À l’origine, les premières recettes de punch furent élaborées au XVIIe par les marins anglais à la recherche d’une alternative à leur ration de bière quotidienne qui supportait mal les chaleurs tropicales de l’Océan indien. En bons matelots qu’ils sont, ces fieffés buveurs ont donc concocté une potion de leur cru à base des produits dont ils disposaient en abondance dans leurs cales : rhum, citron et épices précieuses.

À leur retour, il ne faudra pas longtemps pour que la boisson s’impose dans la plupart des tavernes londoniennes. La ‘culture punch’ était née. Rapidement, la mode devient planétaire et le punch, servi dans de grands plats, se consomme un peu partout. Dans les colonies d’Amérique, il paraîtrait même que les pères fondateurs burent jusqu’à 76 grands bols de ce nectar pour célébrer en grande pompe la déclaration d’indépendance.

Punch  Apéro time: Culture Punch !À son apogée, la culture punch connait sa consécration sous la plume de Charles Dickens, lui-même grand consommateur du breuvage. Au punch, il donne ses lettres de noblesse dans A Christmas Carol (1843) où la célèbre boisson est sensée venir réchauffer les cœurs. Pas étonnant lorsqu’on sait que ladite boisson n’est autre qu’un ‘Bischop Punch’ (punch de l’évêque) : une déclinaison de punch au porto et au vin rouge servie chaude, voire fumante.

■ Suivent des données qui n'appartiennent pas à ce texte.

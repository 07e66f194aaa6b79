-- ===== src/Wal.antt =====
-- src/utils/WalFrame.h, src/utils/crc32.h and src/recovery/MmapLogger.{h,cpp}: the write-ahead log
-- as the bytes of its file. A frame of 64 bytes has its marker at 0, its message type at 1, its
-- channel at 2, its sequence number at 4, its time stamp at 8, its payload at 16, and its checksum
-- at 60. Addresses count from the start of the file.
use marketdatabook.Common.{ℕ, ◌+◌, ◌%◌, ◌^◌, ltb, if◌then◌else◌, Option, none, some, ◌∷◌}
use marketdatabook.Common.Bytes.{Bytes, load_le, store_le}
use marketdatabook.Common.Memory.{Memory, load, store}

-- The instructions `_mm_crc32_u64` and `_mm_crc32_u32`: the sum so far and the word to add.
pub record Crc : Type 0 where
  pub crc32_u64 : ℕ → ℕ → ℕ
  pub crc32_u32 : ℕ → ℕ → ℕ

abbrev pub frame_size : ℕ
frame_size = 64

abbrev pub payload_size : ℕ
payload_size = 44

abbrev pub valid_marker : ℕ
valid_marker = 0xAA

-- `FILE_SIZE`
abbrev pub file_size : ℕ
file_size = 2 ^ 30

-- `calculate_crc32`: seven words of 8 bytes and one of 4, which leaves out the checksum.
unfoldable pub calculate_crc32 : Crc → Memory → ℕ → ℕ
calculate_crc32 crc m at =
    let add = λ (sum i : ℕ). crc.crc32_u64 sum (load_le (load m (at + i) 8)) in
    let sum = add (add (add (add (add (add (add 0 0) 8) 16) 24) 32) 40) 48 in
    crc.crc32_u32 (sum % 2 ^ 32) (load_le (load m (at + 56) 4)) % 2 ^ 32

-- `start_` is address 0, `curr_` is `curr`.
pub record Logger : Type 0 where
  pub memory : Memory
  pub curr : ℕ

-- The constructor: a file of zeros. Where the system calls fail it throws, which is not modelled.
abbrev pub new : Logger
new = record { memory = λ _. 0; curr = 0 }

unfoldable pub reserve_frame : Logger → Logger × Option ℕ
reserve_frame l =
    if ltb file_size (l.curr + frame_size)
    then (l, none)
    else (record l { curr = l.curr + frame_size }, some l.curr)

-- The stores of `log_payload` into a frame: the fields, the payload, and then the checksum.
unfoldable pub write_frame : Crc → Memory → ℕ → ℕ → ℕ → ℕ → Bytes → Memory
write_frame crc m at kind seq timestamp payload =
    let m1 = store m at (valid_marker ∷ kind ∷ store_le 2 1) in
    let m2 = store m1 (at + 4) (store_le 4 (seq % 2 ^ 32)) in
    let m3 = store m2 (at + 8) (store_le 8 timestamp) in
    let m4 = store m3 (at + 16) payload in
    store m4 (at + 60) (store_le 4 (calculate_crc32 crc m4 at))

Symbole d’une époque, le punch finit toutefois par s’essouffler tandis les cocktails gagnent en popularité. La démocratisation de l’industrie du verre pousse fait aussi que les mœurs changent. Désormais, il est de bon ton de commander chacun sa propre boisson.

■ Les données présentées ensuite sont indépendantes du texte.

-- ===== src/Parser.antt =====
-- src/protocol/ItchParser.h: `log_payload` and `parse_block`. A block is the list of its
-- `payload_len` bytes. A block of negative length, which returns at once, is not modelled.
pub mod Messages
pub mod Stream
pub mod Pushed
use marketdatabook.Common.{ℕ, zero, suc, ◌+◌, ◌%◌, ◌^◌, ltb, ◌==◌, if◌then◌else◌, take, drop}
use marketdatabook.Common.{Option, none, some, List, [], ◌∷◌, ◌++◌, length, get_or, replicate}
use marketdatabook.Common.Bytes.{Bytes}
use marketdatabook.Itch.{NormalizedOrder}
use marketdatabook.Itch.Decode.{extract_header, parse_add_order, parse_executed_order}
use marketdatabook.Itch.Decode.{parse_cancel_order}
use marketdatabook.Spsc
use marketdatabook.Spsc.{Queue}
use marketdatabook.Wal.{Crc, Logger, reserve_frame, write_frame}

pub record Parser : Type 0 where
  pub queue : Queue NormalizedOrder
  pub logger : Logger
  pub curr_seq_num : ℕ

-- The rows of `message_length_table` up to 127, 16 to a row.
message_length_table : List ℕ
message_length_table =
    no_lengths
    ++ (0 ∷ 36 ∷ 19 ∷ 36 ∷ 19 ∷ 31 ∷ 40 ∷ 0 ∷ 25 ∷ 50 ∷ 35 ∷ 28 ∷ 26 ∷ 0 ∷ 20 ∷ 48 ∷ 44 ∷ 40 ∷ 39
        ∷ 12 ∷ 0 ∷ 35 ∷ 35 ∷ 12 ∷ 23 ∷ 20 ∷ 0 ∷ 0 ∷ 0 ∷ 0 ∷ 0 ∷ 0 ∷ 0 ∷ 0 ∷ 0 ∷ 0 ∷ 0 ∷ 0 ∷ 0 ∷ 0
        ∷ 21 ∷ [])
  where
    no_lengths : List ℕ
    no_lengths = replicate 64 0

-- `message_length_table[message_type - '\0']`. A `char` is signed on x86: a byte from 128 on is a
-- negative index, which is out of the table.
unfoldable pub message_length : ℕ → Option ℕ
unfolding message_length_table
message_length kind = if ltb kind 128 then some (get_or message_length_table kind 0) else none

-- How a call of `parse_block` ends: it returns, it reads outside the table, or its rounds are
-- used up.
pub data Outcome : Type 0 where
  returned : Parser → Outcome
  bad_index : Parser → Outcome
  out_of_fuel : Outcome

-- `rdtsc n` is the time stamp counter when frame `n` is written; `k` gives the queue's size.
module _ (crc : Crc) (rdtsc : ℕ → ℕ) (k : ℕ) where
  -- `log_payload`, of the bytes that it copies into the frame.
  unfoldable pub log_bytes : Parser → Bytes → ℕ → Parser
  log_bytes p bytes kind =
      let (logger, frame) = reserve_frame p.logger in
      elim frame [
        | none ↦ p
        | some at ↦
            let seq = p.curr_seq_num in
            record p {
              logger = record logger {
                memory = write_frame crc logger.memory at kind seq (rdtsc seq) bytes;
              };
              curr_seq_num = (seq + 1) % 2 ^ 64;
            }
      ]

  abbrev pub log_payload : Parser → Bytes → ℕ → ℕ → Parser
  log_payload p payload message_len kind = log_bytes p (take message_len payload) kind

  -- `queue_.push(std::move(new_order))`, whose result is not looked at.
  abbrev pub push_order : Parser → NormalizedOrder → Parser
  push_order p order = record p { queue = (Spsc.push k p.queue order).0 }

  -- A round of the loop up to the push, from the first `switch` on: the parser with the message in
  -- its log, the order to push where there is one, and the rest of the block.
  unfoldable pub log_round : Parser → ℕ → Bytes → ℕ → Parser × Option NormalizedOrder × Bytes
  log_round p kind payload len =
      let header = extract_header payload in
      if kind == b'A'
      then (log_payload p payload 36 b'A', some (parse_add_order payload header), drop 36 payload)
      else (if kind == b'E'
          then (
            log_payload p payload 31 b'E',
            some (parse_executed_order payload header),
            drop 31 payload,
          )
          else (if kind == b'X'
              then (
                log_payload p payload 23 b'X',
                some (parse_cancel_order payload header),
                drop 23 payload,
              )
              else (log_payload p payload len b'-', none, drop len payload)))

  abbrev pub push_some : Parser → Option NormalizedOrder → Parser
  push_some p none = p
  push_some p (some o) = push_order p o

  -- A whole round: the parser and the rest of the block.
  unfoldable pub handle : Parser → ℕ → Bytes → ℕ → Parser × Bytes
  handle p kind payload len =
      let (p', order, rest) = log_round p kind payload len in (push_some p' order, rest)

  -- `while (true)`, with the rounds left.
  unfoldable pub parse_block : ℕ → Parser → Bytes → Outcome
  parse_block zero p payload = out_of_fuel
  parse_block (suc fuel) p [] = returned p
  parse_block (suc fuel) p (kind ∷ rest) = elim (message_length kind) [
    | none ↦ bad_index p
    | some len ↦
        let (p', payload') = handle p kind (kind ∷ rest) len in
        let more = parse_block fuel p' payload' in
        if ltb (length (kind ∷ rest)) len then returned p else more
  ]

Pour de nombreux fêtards, la boisson reste pourtant un gage de convivialité, de sorte que si le bol de punch n’occupe plus aujourd’hui les devants de la scène, il n’est jamais loin des bonnes tables. Loin de la complexité des cocktails contemporains et bien plus démocratique que la plupart des gin-tonics, une jarre de punch préparée avec amour reste sans aucun doute le synonyme d’une soirée réussie.

Recettes :

Le Tropical (marmiton.org) : 1 litre de rhum blanc, 1 litre de jus de goyave, 1 litre de jus de banane, 1 litre de jus d’ananas, 1 litre de jus d’orange, 1 fiole de jus de citron vert, 1 gousse de vanille, 2 verres de sucre liquide, 4 cuillères à soupe de vanille liquide, un peu poivre du moulin, un peu de cannelle. Laisser le tout macérer 12h au frigo avec un couvercle.

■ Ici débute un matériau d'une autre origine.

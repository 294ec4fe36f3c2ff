-- ===== src/Decide/Quoting.antt =====
-- PRICE, QUOTE and EXECUTE of `decideCycle`, and the whole function.
use new_bnbhack.Common.{
  ℕ, ◌+◌, ◌-◌, ◌/◌, Bool, true, false, not, ◌&&◌, ◌||◌, ltb, leb, smaller, if◌then◌else◌, List, [],
  ◌∷◌, Option, none, some, filter, last, length, Result, ok, err,
}
use new_bnbhack.Common.Text.{Text, codes, eq_text}
use new_bnbhack.Calendar.{iso}
use new_bnbhack.Domain.{
  PlanMode, safe, yield, price_gap, quote_impact, data_unavailable, deferred, failed, nothing,
}
use new_bnbhack.Why
use new_bnbhack.Why.{format_pct, deferred_price_gap, deferred_quote_impact, failed_simulation}
use new_bnbhack.Platform.{Platform}
use new_bnbhack.Decide.Input.{
  max_quote_age_ms, max_requotes, retry_later_ms, has_code, off_hours_quote_codes, InstrumentMarket,
  ErrorAction, session_closed, QuoteObservation, CycleInput, ExecuteDecision, Answer, Decision,
  answer, quote, execute, done, Flow, throws, answers, goes_on, ◌>>=◌, ◌>>◌, answer_if, units,
  decimal, text_or, market_closed_at,
}
use new_bnbhack.Decide.Budgeting.{
  why, Budget, due_stage, guardian_stage, window_stage, settled_open, budget_stage,
}
use new_bnbhack.Decide.Asset.{is_some}
use new_bnbhack.Decide.Unavailable.{asset_stage}

abbrev pub is_market_closed : Option ErrorAction → Bool
is_market_closed (some session_closed) = true
is_market_closed _ = false

-- the quotes of one instrument, oldest first
abbrev pub own_quotes : Text → List QuoteObservation → List QuoteObservation
own_quotes id = filter (λ q. eq_text q.instrument_id id)

abbrev pub quote_failed : Text → Text → Answer
quote_failed code message =
    done (failed code message nothing) (why failed_simulation ((codes "code", code) ∷ []))

-- a quote that came back with an error
unfoldable pub refused_quote : CycleInput → Bool → QuoteObservation → Text → Flow (Unit {0})
refused_quote input regular q code =
    if has_code off_hours_quote_codes code || is_market_closed q.error_action
    then (do
      at ← if regular then goes_on (input.now + retry_later_ms) else settled_open input.now
      answers (market_closed_at at (some code)))
    else answers (quote_failed code (text_or q.error_msg (codes "quote failed")))

unfoldable pub refused_if : CycleInput → Bool → QuoteObservation → Option Text → Flow (Unit {0})
unfolding refused_quote
refused_if input regular q none = goes_on tt
refused_if input regular q (some code) = refused_quote input regular q code

abbrev pub venue_units : Option Text → Flow ℕ
venue_units none = goes_on 0
venue_units (some text) = units text

module _ {F : Type 0} (p : Platform F) where
  -- `Number(text ?? NaN)`
  abbrev pub number_or_nan : Option Text → F
  number_or_nan none = p.nan
  number_or_nan (some t) = p.number t

  abbrev pub positive : F → Bool
  positive x = p.is_finite x && p.lt (p.hundredths 0) x

  -- the premium over the stock price in percent
  abbrev pub gap_pct : F → F → F
  gap_pct onchain independent =
      p.mul (p.sub (p.div onchain independent) (p.hundredths 100)) (p.hundredths 10_000)

  -- PRICE: the shown gap, when both prices are prices
  unfoldable pub price_stage : CycleInput → Bool → InstrumentMarket → Flow (Option Text)
  price_stage input regular m =
      let onchain = number_or_nan m.onchain_share_price_usd in
      let independent = number_or_nan m.independent_share_price_usd in
      let gap = gap_pct onchain independent in
      if positive onchain && positive independent
      then (do
        answer_if (regular && p.lt (p.hundredths 200) gap) (
            done (deferred price_gap (iso (input.now + retry_later_ms)) none)
              (why deferred_price_gap ((codes "gap", format_pct p gap) ∷ [])))
        goes_on (some (format_pct p gap)))
      else goes_on none

  abbrev pub is_high_impact : F → Bool
  is_high_impact impact = p.lt (p.hundredths 100) impact

  -- the quotes whose price impact was above the limit
  abbrev pub halvings : List QuoteObservation → ℕ
  halvings own = length (filter (λ q. is_high_impact (number_or_nan q.price_impact_pct)) own)

  -- a quote above the impact limit: ask again for half, or wait
  unfoldable pub impact_stage :
      CycleInput → Budget → InstrumentMarket → List QuoteObservation → ℕ → F → Flow (Unit {0})
  impact_stage input b m own spend impact = do
    venue_min ← venue_units m.venue_min_usd
    let half = spend / 2
    answer_if (leb (halvings own) max_requotes && (leb b.min_buy half && leb venue_min half))
        (quote m.instrument.id (decimal half))
    answers (
        done (deferred quote_impact (iso (input.now + retry_later_ms)) none)
          (why deferred_quote_impact ((codes "impact", format_pct p impact) ∷ [])))

  unfoldable pub impact_if :
      Bool
      → CycleInput
      → Budget
      → InstrumentMarket
      → List QuoteObservation
      → ℕ
      → F
      → Flow (Unit {0})
  unfolding impact_stage
  impact_if true input b m own spend impact = impact_stage input b m own spend impact
  impact_if false input b m own spend impact = goes_on tt

  -- whether the quote arrived at most `MAX_QUOTE_AGE_MS` ago
  abbrev pub is_fresh : ℕ → Option ℕ → Bool
  is_fresh now none = false
  is_fresh now (some received) = leb now (received + max_quote_age_ms)

  -- the checks of the latest quote; the spend it is for
  unfoldable pub quote_checks :
      CycleInput
      → Bool
      → Budget
      → InstrumentMarket
      → List QuoteObservation
      → QuoteObservation
      → Flow ℕ
  quote_checks input regular b m own q = do
    let id = m.instrument.id
    refused_if input regular q q.error_code
    answer_if (not (is_some q.quote_id) || not (is_some q.to_token_amount))
        (quote_failed (codes "QUOTE_INCOMPLETE") (codes "quote has no quoteId or amount"))
    spend ← units q.spend_usd
    answer_if (ltb b.planned_spend spend) (quote id (decimal b.planned_spend))
    let impact = number_or_nan q.price_impact_pct
    answer_if (not (p.is_finite impact)) (
        done
          (deferred data_unavailable (iso (input.now + retry_later_ms))
            (some (codes "price_impact_unknown")))
          (why Why.data_unavailable []))
    impact_if (is_high_impact impact) input b m own spend impact
    answer_if (not (is_fresh input.now (p.date_parse q.received_at))) (quote id q.spend_usd)
    goes_on spend

  -- the first quote is asked for at the planned spend
  unfoldable pub latest_quote :
      CycleInput
      → Bool
      → Budget
      → InstrumentMarket
      → List QuoteObservation
      → Option QuoteObservation
      → Flow (QuoteObservation × ℕ)
  latest_quote input regular b m own none =
      answers (quote m.instrument.id (decimal b.planned_spend))
  latest_quote input regular b m own (some q) = do
    spend ← quote_checks input regular b m own q
    goes_on (q, spend)

  -- QUOTE: the latest quote and the spend it is for
  unfoldable pub quote_stage :
      CycleInput → Bool → Budget → InstrumentMarket → Flow (QuoteObservation × ℕ)
  unfolding latest_quote
  quote_stage input regular b m =
      let own = own_quotes m.instrument.id input.quotes in
      latest_quote input regular b m own (last own)

-- the interest that pays for a spend
abbrev pub interest_used : PlanMode → ℕ → ℕ → Option ℕ
interest_used safe spend available = none
interest_used yield spend available = some (smaller spend available)

-- what is redeemed: the interest used beyond what was redeemed before
abbrev pub redeem_of : Option ℕ → ℕ → ℕ
redeem_of none harvested = 0
redeem_of (some used) harvested = if ltb harvested used then used - harvested else 0

abbrev pub map_decimal : Option ℕ → Option Text
map_decimal none = none
map_decimal (some n) = some (decimal n)

-- EXECUTE
unfoldable pub execution :
    PlanMode
    → Bool
    → Budget
    → InstrumentMarket
    → Option Text
    → QuoteObservation
    → ℕ
    → ExecuteDecision
execution mode regular b m ref_gap_pct q spend =
    let used = interest_used mode spend (b.interest_in_position + b.harvested_unspent) in
    record {
      instrument_id = m.instrument.id;
      spend_usd = q.spend_usd;
      quote = q;
      redeem_usd = decimal (redeem_of used b.harvested_unspent);
      interest_usd = map_decimal used;
      off_hours = not regular;
      ref_gap_pct = ref_gap_pct;
    }

module _ {F : Type 0} (p : Platform F) where
  -- the stages in order
  unfoldable pub cycle : CycleInput → Flow ExecuteDecision
  cycle input = do
    ticker ← due_stage p input
    guardian_stage input.guardian_block
    regular ← window_stage input
    b ← budget_stage input regular
    m ← asset_stage input ticker b
    ref_gap_pct ← price_stage p input regular m
    q ← quote_stage p input regular b m
    goes_on (execution input.plan.mode regular b m ref_gap_pct q.0 q.1)

abbrev pub outcome_of : Flow ExecuteDecision → Result Decision
outcome_of (throws e) = err e
outcome_of (answers a) = ok (answer a)
outcome_of (goes_on d) = ok (execute d)

-- `decideCycle`
unfoldable pub decide_cycle : {F : Type 0} (p : Platform F) → CycleInput → Result Decision
unfolding cycle
decide_cycle p input = outcome_of (cycle p input)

Le Bischop (nytimes.com) : 6 oranges de Séville, 0,5 tasse de sucre brun, 1 bouteille de vin rouge, 1 bouteille de porto rouge, 30 clous de girofle, 5 graines séchées de cardamome et 2 bâtons de cannelle. 1 zeste d’orange pour la décoration.

Laver les oranges et les sécher, y planter les clous de girofle plus les faire rôtir au four une heure à 160°C. Mélanger le vin, le jus de citron et le sucre, couvrir, et laisser reposer au chaud entre 12 et 24 heures. Presser les oranges et ajouter le jus au reste. Passer le tout. Ajouter le porto, la cardamome et la cannelle et faire chauffer jusqu’à la température souhaitée. Retirer la cardamome et la cannelle avant se servir.

 Le Beverly Hill 90210 (Grazia.fr) : 1 litre de jus d’orange, 1 litre de jus d’ananas, 0,5 litre de rhum, 2 oranges en morceaux, 2 citrons verts en morceaux, ajouter du sirop de sucre de canne et laisser reposer.